Information provided:
-*-

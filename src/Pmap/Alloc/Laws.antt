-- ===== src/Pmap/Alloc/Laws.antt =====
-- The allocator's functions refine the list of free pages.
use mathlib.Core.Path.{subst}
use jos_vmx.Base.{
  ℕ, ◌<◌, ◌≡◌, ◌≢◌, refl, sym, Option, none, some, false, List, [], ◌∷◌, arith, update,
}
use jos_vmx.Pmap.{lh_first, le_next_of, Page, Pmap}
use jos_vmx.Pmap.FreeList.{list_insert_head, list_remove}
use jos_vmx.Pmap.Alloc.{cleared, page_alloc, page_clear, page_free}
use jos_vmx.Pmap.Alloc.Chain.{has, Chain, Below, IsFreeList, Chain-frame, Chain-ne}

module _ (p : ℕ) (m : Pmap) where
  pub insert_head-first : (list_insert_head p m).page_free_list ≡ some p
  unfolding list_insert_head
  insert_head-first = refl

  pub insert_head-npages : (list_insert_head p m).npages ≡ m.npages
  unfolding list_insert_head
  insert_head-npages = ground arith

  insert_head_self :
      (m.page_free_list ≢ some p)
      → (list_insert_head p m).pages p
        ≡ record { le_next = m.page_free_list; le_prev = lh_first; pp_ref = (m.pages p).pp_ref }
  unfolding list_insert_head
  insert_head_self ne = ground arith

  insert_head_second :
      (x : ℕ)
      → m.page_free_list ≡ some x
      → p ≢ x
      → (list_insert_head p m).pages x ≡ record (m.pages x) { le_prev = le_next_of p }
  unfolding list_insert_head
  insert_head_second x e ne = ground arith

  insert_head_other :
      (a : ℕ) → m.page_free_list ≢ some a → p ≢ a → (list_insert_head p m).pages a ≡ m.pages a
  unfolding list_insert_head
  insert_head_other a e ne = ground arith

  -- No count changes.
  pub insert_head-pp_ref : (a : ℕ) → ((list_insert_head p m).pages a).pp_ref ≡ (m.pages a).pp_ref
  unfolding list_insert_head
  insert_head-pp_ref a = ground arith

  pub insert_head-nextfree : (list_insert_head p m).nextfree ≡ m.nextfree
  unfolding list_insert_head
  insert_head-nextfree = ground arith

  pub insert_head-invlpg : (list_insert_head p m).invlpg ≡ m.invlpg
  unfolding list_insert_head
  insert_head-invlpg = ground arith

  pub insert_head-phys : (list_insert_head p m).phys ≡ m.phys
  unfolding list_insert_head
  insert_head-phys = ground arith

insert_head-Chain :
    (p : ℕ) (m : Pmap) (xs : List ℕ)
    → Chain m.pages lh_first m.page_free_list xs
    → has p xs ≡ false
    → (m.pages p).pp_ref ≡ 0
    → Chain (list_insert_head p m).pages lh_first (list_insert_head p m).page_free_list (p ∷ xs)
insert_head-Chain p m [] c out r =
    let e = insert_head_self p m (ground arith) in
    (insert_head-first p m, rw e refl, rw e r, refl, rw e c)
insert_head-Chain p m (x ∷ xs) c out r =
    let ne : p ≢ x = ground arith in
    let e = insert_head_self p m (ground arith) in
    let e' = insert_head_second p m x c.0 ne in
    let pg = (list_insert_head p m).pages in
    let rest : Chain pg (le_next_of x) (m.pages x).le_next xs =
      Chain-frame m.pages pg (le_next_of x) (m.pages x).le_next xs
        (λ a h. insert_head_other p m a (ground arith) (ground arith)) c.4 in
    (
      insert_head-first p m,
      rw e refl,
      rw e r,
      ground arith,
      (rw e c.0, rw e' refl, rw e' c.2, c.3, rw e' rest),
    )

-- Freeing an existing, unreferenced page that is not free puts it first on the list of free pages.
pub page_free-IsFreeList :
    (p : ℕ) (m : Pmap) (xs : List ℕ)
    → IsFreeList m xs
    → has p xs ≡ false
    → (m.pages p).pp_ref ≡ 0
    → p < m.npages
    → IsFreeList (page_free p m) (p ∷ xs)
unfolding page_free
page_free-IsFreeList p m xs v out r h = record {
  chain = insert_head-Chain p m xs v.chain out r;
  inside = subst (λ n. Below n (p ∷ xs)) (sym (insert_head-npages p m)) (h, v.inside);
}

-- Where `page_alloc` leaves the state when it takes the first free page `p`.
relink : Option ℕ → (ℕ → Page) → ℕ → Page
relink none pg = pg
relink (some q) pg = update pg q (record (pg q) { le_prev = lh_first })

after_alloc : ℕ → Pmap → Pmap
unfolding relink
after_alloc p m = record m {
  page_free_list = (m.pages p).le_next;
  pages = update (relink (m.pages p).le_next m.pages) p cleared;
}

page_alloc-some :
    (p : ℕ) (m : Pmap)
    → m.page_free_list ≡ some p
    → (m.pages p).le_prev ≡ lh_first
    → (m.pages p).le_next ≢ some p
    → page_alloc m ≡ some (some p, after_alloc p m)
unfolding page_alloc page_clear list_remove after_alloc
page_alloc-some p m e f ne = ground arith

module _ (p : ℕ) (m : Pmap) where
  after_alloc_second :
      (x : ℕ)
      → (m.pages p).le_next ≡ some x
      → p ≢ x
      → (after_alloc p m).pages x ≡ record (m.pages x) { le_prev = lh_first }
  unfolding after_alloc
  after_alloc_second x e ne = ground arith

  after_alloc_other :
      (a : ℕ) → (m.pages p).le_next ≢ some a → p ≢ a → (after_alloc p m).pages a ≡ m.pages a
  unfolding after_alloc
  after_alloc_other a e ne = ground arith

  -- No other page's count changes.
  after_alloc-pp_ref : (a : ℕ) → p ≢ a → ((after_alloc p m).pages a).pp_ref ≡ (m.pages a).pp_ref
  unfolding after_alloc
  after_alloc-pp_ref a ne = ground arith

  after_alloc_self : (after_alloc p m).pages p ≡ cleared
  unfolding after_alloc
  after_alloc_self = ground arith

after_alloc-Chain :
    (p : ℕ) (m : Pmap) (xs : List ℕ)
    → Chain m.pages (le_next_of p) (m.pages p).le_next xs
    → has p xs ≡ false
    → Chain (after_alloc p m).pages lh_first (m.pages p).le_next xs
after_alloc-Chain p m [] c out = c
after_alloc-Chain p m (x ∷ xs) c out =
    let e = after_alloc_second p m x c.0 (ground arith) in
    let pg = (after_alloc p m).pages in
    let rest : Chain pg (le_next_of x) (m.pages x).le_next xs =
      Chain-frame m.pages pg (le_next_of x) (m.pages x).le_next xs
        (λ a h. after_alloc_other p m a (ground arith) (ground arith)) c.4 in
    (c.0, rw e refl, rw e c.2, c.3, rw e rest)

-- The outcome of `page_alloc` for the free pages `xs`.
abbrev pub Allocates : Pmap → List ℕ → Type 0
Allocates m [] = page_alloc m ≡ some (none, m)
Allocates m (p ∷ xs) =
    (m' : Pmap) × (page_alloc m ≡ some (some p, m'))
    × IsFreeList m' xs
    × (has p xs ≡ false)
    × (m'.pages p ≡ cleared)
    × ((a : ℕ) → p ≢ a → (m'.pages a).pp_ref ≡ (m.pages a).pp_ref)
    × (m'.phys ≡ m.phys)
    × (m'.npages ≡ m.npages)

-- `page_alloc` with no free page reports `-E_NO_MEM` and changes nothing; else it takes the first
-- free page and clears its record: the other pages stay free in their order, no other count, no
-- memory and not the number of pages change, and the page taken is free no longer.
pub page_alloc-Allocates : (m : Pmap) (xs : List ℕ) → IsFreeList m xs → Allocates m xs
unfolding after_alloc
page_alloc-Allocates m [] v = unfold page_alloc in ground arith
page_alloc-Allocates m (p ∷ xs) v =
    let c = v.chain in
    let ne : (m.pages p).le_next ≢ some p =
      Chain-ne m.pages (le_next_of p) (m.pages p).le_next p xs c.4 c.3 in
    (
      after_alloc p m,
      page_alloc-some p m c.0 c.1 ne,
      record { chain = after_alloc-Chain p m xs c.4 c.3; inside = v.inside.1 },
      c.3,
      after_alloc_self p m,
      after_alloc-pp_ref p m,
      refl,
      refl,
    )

-*-

Required action:
Please output, exactly, the lines of the listing from the one containing "let ne : (m.pages" through the last, inclusive, and no other lines.

Answer below:
    let ne : (m.pages p).le_next ≢ some p =
      Chain-ne m.pages (le_next_of p) (m.pages p).le_next p xs c.4 c.3 in
    (
      after_alloc p m,
      page_alloc-some p m c.0 c.1 ne,
      record { chain = after_alloc-Chain p m xs c.4 c.3; inside = v.inside.1 },
      c.3,
      after_alloc_self p m,
      after_alloc-pp_ref p m,
      refl,
      refl,
    )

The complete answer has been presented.